Stored items
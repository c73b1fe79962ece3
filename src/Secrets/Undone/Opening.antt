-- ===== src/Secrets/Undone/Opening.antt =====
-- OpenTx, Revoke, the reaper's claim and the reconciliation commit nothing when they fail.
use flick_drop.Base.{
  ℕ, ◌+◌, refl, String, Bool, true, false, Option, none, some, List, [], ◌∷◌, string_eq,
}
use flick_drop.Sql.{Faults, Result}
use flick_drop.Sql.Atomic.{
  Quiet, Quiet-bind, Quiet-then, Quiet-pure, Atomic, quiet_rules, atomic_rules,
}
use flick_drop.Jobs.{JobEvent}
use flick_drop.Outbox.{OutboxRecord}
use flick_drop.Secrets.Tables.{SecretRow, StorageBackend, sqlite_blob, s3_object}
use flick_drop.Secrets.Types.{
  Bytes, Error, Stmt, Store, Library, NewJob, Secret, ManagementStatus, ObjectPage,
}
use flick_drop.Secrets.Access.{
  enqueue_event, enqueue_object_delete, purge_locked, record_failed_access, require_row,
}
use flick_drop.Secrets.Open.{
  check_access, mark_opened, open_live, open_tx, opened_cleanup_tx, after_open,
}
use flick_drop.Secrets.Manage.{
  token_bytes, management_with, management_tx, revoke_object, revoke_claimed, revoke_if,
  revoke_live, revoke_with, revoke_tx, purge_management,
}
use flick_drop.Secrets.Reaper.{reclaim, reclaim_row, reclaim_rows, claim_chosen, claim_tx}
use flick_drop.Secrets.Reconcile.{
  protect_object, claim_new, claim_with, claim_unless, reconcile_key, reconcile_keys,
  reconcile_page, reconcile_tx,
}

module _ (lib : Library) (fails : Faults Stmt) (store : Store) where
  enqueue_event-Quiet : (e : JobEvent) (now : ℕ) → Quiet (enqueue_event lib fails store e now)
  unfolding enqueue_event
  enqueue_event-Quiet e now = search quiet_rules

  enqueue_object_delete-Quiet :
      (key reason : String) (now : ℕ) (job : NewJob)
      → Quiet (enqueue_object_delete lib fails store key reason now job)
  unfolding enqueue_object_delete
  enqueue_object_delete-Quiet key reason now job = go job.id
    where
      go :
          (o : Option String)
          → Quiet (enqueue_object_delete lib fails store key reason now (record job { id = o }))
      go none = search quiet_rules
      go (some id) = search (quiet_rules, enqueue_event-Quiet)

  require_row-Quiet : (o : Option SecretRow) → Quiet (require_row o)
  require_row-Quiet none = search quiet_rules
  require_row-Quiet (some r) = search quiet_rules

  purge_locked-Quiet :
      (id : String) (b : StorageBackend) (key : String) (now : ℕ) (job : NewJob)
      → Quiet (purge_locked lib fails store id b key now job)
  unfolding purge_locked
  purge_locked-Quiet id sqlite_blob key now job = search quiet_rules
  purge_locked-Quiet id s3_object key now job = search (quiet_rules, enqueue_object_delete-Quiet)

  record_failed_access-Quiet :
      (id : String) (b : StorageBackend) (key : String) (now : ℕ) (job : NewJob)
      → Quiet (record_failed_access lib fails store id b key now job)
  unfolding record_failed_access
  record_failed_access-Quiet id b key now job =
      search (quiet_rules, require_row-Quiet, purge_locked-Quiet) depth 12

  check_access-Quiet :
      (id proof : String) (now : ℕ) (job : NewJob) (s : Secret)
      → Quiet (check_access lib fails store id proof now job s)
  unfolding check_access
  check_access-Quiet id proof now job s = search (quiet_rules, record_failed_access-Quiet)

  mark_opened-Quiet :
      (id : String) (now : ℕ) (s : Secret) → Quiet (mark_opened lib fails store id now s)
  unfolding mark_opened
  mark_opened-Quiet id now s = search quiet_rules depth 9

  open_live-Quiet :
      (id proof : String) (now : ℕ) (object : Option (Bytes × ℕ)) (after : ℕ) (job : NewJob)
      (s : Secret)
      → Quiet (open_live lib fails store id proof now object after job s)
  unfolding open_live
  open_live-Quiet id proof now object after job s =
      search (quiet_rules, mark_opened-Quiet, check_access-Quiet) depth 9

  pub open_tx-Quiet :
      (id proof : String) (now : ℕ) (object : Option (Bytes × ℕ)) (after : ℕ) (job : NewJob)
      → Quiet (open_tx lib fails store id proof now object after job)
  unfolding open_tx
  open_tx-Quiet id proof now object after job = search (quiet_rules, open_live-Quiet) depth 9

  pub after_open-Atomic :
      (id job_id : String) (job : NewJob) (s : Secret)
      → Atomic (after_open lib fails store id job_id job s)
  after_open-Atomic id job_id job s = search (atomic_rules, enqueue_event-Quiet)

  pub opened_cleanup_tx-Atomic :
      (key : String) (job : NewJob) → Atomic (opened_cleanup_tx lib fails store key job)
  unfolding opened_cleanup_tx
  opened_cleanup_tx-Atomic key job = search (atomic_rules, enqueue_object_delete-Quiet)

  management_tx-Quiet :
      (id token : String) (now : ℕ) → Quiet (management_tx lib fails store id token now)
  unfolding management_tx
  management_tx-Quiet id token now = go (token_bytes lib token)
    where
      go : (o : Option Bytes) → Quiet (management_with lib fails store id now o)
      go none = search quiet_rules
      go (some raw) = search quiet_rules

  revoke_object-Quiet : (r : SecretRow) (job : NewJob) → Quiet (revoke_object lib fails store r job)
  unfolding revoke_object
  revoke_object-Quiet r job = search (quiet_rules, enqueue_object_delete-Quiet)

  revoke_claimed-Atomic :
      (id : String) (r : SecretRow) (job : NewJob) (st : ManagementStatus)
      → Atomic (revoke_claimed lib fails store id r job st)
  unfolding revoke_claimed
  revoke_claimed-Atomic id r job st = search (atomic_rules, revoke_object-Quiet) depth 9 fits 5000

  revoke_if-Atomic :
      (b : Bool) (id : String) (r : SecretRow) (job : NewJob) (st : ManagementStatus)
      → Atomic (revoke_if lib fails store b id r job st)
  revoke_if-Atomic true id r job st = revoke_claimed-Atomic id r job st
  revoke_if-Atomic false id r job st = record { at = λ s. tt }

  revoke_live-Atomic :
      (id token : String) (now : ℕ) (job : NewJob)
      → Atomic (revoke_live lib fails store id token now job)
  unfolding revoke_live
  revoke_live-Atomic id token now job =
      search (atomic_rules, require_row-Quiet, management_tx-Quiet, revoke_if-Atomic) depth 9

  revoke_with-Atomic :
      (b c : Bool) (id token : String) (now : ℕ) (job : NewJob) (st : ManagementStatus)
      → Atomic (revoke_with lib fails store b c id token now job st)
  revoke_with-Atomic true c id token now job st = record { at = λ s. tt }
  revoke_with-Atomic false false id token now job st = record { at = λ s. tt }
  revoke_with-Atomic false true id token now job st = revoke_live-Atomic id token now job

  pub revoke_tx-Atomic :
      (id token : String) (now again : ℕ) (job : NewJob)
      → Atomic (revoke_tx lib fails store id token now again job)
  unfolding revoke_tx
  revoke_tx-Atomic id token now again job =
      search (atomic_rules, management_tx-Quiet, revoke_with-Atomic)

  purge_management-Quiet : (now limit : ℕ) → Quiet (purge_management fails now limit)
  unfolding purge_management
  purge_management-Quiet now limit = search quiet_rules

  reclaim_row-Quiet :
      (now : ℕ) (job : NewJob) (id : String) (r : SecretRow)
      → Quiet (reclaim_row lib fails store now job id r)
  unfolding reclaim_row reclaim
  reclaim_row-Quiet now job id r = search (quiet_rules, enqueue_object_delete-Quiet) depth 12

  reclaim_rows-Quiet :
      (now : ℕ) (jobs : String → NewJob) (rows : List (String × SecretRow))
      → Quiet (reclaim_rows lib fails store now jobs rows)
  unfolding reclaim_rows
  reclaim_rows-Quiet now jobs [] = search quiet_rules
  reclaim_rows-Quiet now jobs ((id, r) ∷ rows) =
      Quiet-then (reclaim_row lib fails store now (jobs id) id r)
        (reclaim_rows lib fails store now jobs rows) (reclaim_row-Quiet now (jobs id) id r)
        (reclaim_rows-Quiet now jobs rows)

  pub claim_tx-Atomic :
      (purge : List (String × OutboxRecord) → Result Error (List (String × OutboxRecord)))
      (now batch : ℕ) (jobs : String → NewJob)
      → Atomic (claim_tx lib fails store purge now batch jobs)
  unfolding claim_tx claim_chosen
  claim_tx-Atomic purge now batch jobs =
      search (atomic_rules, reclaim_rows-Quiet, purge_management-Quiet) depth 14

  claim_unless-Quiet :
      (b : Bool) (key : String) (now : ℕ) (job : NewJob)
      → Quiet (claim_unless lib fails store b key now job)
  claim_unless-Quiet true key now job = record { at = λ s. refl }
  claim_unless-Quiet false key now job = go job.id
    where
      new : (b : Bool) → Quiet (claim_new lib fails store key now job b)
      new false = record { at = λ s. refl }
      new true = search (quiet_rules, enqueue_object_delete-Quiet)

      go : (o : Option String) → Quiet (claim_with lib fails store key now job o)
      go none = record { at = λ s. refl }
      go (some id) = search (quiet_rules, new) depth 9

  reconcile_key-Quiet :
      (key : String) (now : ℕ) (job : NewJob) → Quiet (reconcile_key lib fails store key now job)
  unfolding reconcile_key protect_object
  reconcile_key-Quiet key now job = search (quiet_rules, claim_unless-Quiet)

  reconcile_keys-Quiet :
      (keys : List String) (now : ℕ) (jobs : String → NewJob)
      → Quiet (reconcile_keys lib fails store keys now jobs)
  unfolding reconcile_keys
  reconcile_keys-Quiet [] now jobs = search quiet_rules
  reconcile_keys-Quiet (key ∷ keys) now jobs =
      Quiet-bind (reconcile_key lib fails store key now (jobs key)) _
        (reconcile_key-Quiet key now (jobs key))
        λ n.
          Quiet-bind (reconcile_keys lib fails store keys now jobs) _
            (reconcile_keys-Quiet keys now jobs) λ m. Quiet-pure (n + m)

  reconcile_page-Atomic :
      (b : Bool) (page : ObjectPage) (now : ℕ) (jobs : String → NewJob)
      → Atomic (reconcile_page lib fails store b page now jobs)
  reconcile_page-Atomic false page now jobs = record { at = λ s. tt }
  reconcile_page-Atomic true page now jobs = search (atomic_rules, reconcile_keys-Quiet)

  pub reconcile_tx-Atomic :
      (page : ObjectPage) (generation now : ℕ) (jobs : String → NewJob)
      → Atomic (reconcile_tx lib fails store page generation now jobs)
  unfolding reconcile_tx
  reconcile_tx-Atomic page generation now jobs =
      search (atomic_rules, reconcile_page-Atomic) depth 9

Activity: Starting at the line above that contains "(purge : List", write out each line exactly until the line that contains "(b : Bool) (key" has been written, and stop there.

Result below:
      (purge : List (String × OutboxRecord) → Result Error (List (String × OutboxRecord)))
      (now batch : ℕ) (jobs : String → NewJob)
      → Atomic (claim_tx lib fails store purge now batch jobs)
  unfolding claim_tx claim_chosen
  claim_tx-Atomic purge now batch jobs =
      search (atomic_rules, reclaim_rows-Quiet, purge_management-Quiet) depth 14

  claim_unless-Quiet :
      (b : Bool) (key : String) (now : ℕ) (job : NewJob)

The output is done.